Saudi Arabia and Russia worked through their differences, leading to an agreement for a record cut in oil production worldwide in hopes of raising prices for crude oil and gasoline.
OPEC agreed to cut 10 million barrels a day, about 10% of their production, while the rest of the world’s producers are cutting 5 million barrels from their daily output. The move was designed to stem the tide of falling prices; however, in the short term it’s had the opposite effect.
Oil prices moved lower on Thursday because investors aren’t sure the move will have the desired impact because demand is low and there is still a massive amount of supply for the market due to the coronavirus. The markets are shut down until April 14 as talks continue.
(Trump threatens tariffs as gasoline prices waver in face of virus.)
“The reported OPEC+ production cut of 10 million barrels a day, if ratified, just isn’t enough to plug the 15- to 20-million b/d near-term imbalance in the marketplace and avoid tank tops in May,” S&P Global wrote in a research note.
U.S. West Texas Intermediate fell 9.29%, or $2.33, to settle at $22.76 per barrel, CNBC.com reported. Earlier in the day, the contract had been up more than 12% trade at a session high of $28.36. International benchmark Brent crude slipped 4.14% to settle at $31.48, after earlier hitting a high of $36.40.
The spike occurred because rumors floated that the cuts would be 20 million barrels a day — a number that investors clearly saw as making an impact. However, now prices are likely to remain low, analysts believe.
(National average for gas prices tumbles below $2 a gallon.)
“The market has been underwhelmed by the proposed 10m/bd production cut, perhaps because of early expectations of a massive 20m/bd reduction,” said Helima Croft, RBC’s global head of commodities research. “However we contend that it is crucial to turn off the tap off the tap in the midst of colossal demand crash and bring the price war to a swift conclusion.”
Complicating the efforts to drive prices up is that Mexico has not agreed to go along with the plan. The country has agreed to cut some production, but not at the levels the rest of the producers have agreed to, jeopardizing the entire agreement.

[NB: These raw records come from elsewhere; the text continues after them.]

-- ===== src/Tests/Client.antt =====
-- src/tunnel/tunnel-client.ts, src/tunnel/messages.ts and src/clients/data-plane-stream.ts on concrete
-- frames, messages and calls.
use consensus_node.Base.{
  ℕ, ◌≡◌, refl, List, [], ◌∷◌, ◌++◌, none, some, ok, err, codes, text_beq, inl,
}
use consensus_node.Base.Int.{pos}
use consensus_node.Base.Bytes.{read_be}
use consensus_node.Base.Slices.{subarray}
use consensus_node.Base.Map
use consensus_node.Tunnel.FrameType
use consensus_node.Tunnel.Frames.{decode_frame, frame_aad, peek_frame_sequence}
use consensus_node.Tunnel.Messages.Kinds.{TunnelMessage, stream_open}
use consensus_node.Crypto.Channel.{SecureSession, open_frame, decrypt_detached}
use consensus_node.Tunnel.Client.{
  TunnelClient, new_client, out_of_order, on_frame, on_opened, on_peeked, handle_raw_message,
}
use consensus_node.Tunnel.Client.Requests.{Conserves, Distinct, handle_raw_message-Conserves}
use consensus_node.Tunnel.Client.Sequence.{Arrival, receive_all, handle_raw_message_once}
use consensus_node.Clients.Stream.{
  Call, call_recv, call_push, call_close, call_finish, new_stream, run,
}
use consensus_node.Clients.Stream.Order.{WellFormed, delivered, pushed, run_in_order}
use consensus_node.Tests.Instances.{aead, fill, zeros16, open_zeros}
use consensus_node.Tests.StackJson.{json_codec}

abbrev session : SecureSession
session = record { session_id = codes "s"; send_key = fill 32 7; receive_key = fill 32 8 }

abbrev peer_session : SecureSession
peer_session = record { session_id = codes "s"; send_key = fill 32 8; receive_key = fill 32 7 }

-- A PONG frame with sequence number 3 and no plaintext.
abbrev pong_bytes : List ℕ
pong_bytes =
    (1 ∷ 33 ∷ 0 ∷ 0 ∷ 0 ∷ 0 ∷ 0 ∷ 0 ∷ 0 ∷ 3 ∷ [])
    ++ ((1 ∷ 1 ∷ 1 ∷ 1 ∷ 1 ∷ 1 ∷ 1 ∷ 1 ∷ 1 ∷ 1 ∷ 1 ∷ 1 ∷ [])
        ++ ((0 ∷ 0 ∷ 0 ∷ 0 ∷ [])
            ++ (0 ∷ 0 ∷ 0 ∷ 0 ∷ 0 ∷ 0 ∷ 0 ∷ 0 ∷ 0 ∷ 0 ∷ 0 ∷ 0 ∷ 0 ∷ 0 ∷ 0 ∷ 0 ∷ [])))

abbrev arrival : Arrival
arrival = record { now = pos 0; nonce = []; error_nonce = []; error_text = []; raw = pong_bytes }

abbrev waiting_client : TunnelClient
waiting_client = record new_client { pending = (codes "r1", 5) ∷ [] }

pong_handled :
    (handle_raw_message aead json_codec session (pos 0) [] pong_bytes new_client).result ≡ ok tt
unfolding handle_raw_message on_peeked on_opened on_frame peek_frame_sequence open_frame
    decode_frame frame_aad read_be subarray decrypt_detached fill zeros16 open_zeros text_beq
pong_handled = refl

handle_raw_message_once_example :
    handle_raw_message aead json_codec session (pos 1) [] pong_bytes (
      receive_all aead json_codec session
        (arrival ∷ [])
        (handle_raw_message aead json_codec session (pos 0) [] pong_bytes new_client).client)
    ≡ record {
      result = err out_of_order;
      client =
          receive_all aead json_codec session
            (arrival ∷ [])
            (handle_raw_message aead json_codec session (pos 0) [] pong_bytes new_client).client;
      events = [];
    }
handle_raw_message_once_example =
    handle_raw_message_once aead json_codec session arrival new_client (arrival ∷ []) (pos 1) []
      pong_handled

Distinct-waiting : Distinct waiting_client.pending
unfolding Map.has
Distinct-waiting = (refl, tt)

handle_raw_message-Conserves_example :
    Conserves waiting_client
      (handle_raw_message aead json_codec session (pos 0) [] pong_bytes waiting_client).client
      (handle_raw_message aead json_codec session (pos 0) [] pong_bytes waiting_client).events
handle_raw_message-Conserves_example =
    handle_raw_message-Conserves aead json_codec session (pos 0) [] pong_bytes waiting_client
      Distinct-waiting

abbrev message : TunnelMessage
message = record {
  id = some (codes "m");
  timestamp = pos 9;
  payload = stream_open (record { stream_id = codes "7"; target = none });
}

abbrev calls : List Call
calls = call_push (1 ∷ []) ∷ call_recv 4 ∷ call_close ∷ call_finish none ∷ []

WellFormed-new_stream : WellFormed new_stream
WellFormed-new_stream = record { idle = inl refl; alive = inl refl }

run_in_order_example :
    (delivered (run calls new_stream).1 ++ (run calls new_stream).0.inbox
      ≡ new_stream.inbox ++ pushed calls)
    × WellFormed (run calls new_stream).0
run_in_order_example = run_in_order calls new_stream WellFormed-new_stream
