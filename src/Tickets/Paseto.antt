-- ===== src/Tickets/Paseto.antt =====
-- src/tickets/paseto.ts: PASETO v4.public tokens.
pub mod Encoding
pub mod Token
use Prim.Native.Nat.{bit_and}
use consensus_node.Base.{
  ℕ, zero, suc, ◌-◌, ◌/◌, ◌%◌, List, [], ◌∷◌, ◌++◌, Bool, not, ◌||◌, ltb, ◌==◌, nat_eq,
  if◌then◌else◌, length, get_or, set, Text, codes, utf8, Result, ok, err, ◌>>=◌, ◌>>◌, guard,
}
use consensus_node.Base.Bytes.{little}
use consensus_node.Base.Slices.{subarray}
use consensus_node.Base.Splitting.{split, starts_with}
use consensus_node.Crypto.Primitives.{Signatures, Base64Url}

abbrev pub header : Text
header = codes "v4.public."

abbrev pub sig_len : ℕ
sig_len = 64

abbrev pub dot : ℕ
dot = b'.'

-- The loop writes `value % 256` and goes on with `Math.floor(value / 256)`, eight times; then
-- `buf[7] &= 0x7f`.
unfoldable pub le64 : ℕ → List ℕ
le64 n = let buf = little 8 n in set buf 7 (bit_and (get_or buf 7 0) 0x7f)

unfoldable pub pae_pieces : List (List ℕ) → List ℕ
pae_pieces [] = []
pae_pieces (piece ∷ pieces) = le64 (length piece) ++ (piece ++ pae_pieces pieces)

unfoldable pub pae : List (List ℕ) → List ℕ
pae pieces = le64 (length pieces) ++ pae_pieces pieces

pub record VerifiedToken : Type 0 where
  pub message : List ℕ
  pub footer : List ℕ

pub data PasetoError : Type 0 where
  unsupported_header malformed_token token_too_short bad_signature : PasetoError

abbrev pub signed_pieces : List ℕ → List ℕ → List ℕ → List (List ℕ)
signed_pieces message footer implicit = utf8 header ∷ message ∷ footer ∷ implicit ∷ []

module _ (signatures : Signatures) (base64url : Base64Url) where
  unfoldable pub sign_v4_public : List ℕ → ℕ → List ℕ → List ℕ → Text
  sign_v4_public message secret_key footer implicit =
      let sig = signatures.sign secret_key (pae (signed_pieces message footer implicit)) in
      let token = header ++ base64url.encode (message ++ sig) in
      if length footer == 0 then token else token ++ (dot ∷ base64url.encode footer)

  unfoldable pub verify_v4_public : Text → ℕ → List ℕ → Result PasetoError VerifiedToken
  verify_v4_public token public_key implicit = do
    guard (starts_with header token) unsupported_header
    let parts = split dot token
    guard (length parts == 3 || length parts == 4) malformed_token
    let body = base64url.decode (get_or parts 2 [])
    guard (not (ltb (length body) sig_len)) token_too_short
    let message = subarray body 0 (length body - sig_len)
    let sig = subarray body (length body - sig_len) (length body)
    let footer = if length parts == 4 then base64url.decode (get_or parts 3 []) else []
    guard (signatures.verify public_key (pae (signed_pieces message footer implicit)) sig)
        bad_signature
    ok (record { message = message; footer = footer })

OPEC said in a statement that the initial 10 million barrels per day cut would last in May and June, before tapering to 8 million barrels per day for the rest of the year. Beginning in January 2021, the cuts would decrease to 6 million barrels per day, which would continue through April 2022, according to the statement.
(Gas prices tumble as coronavirus strikes the U.S.)
Total oil stocks in the United States are up by 86.5 MMbbl, about 7%, compared with a year ago and stand at 1.32 billion barrels (excluding the Strategic Petroleum Reserve), according to the Energy Information Administration.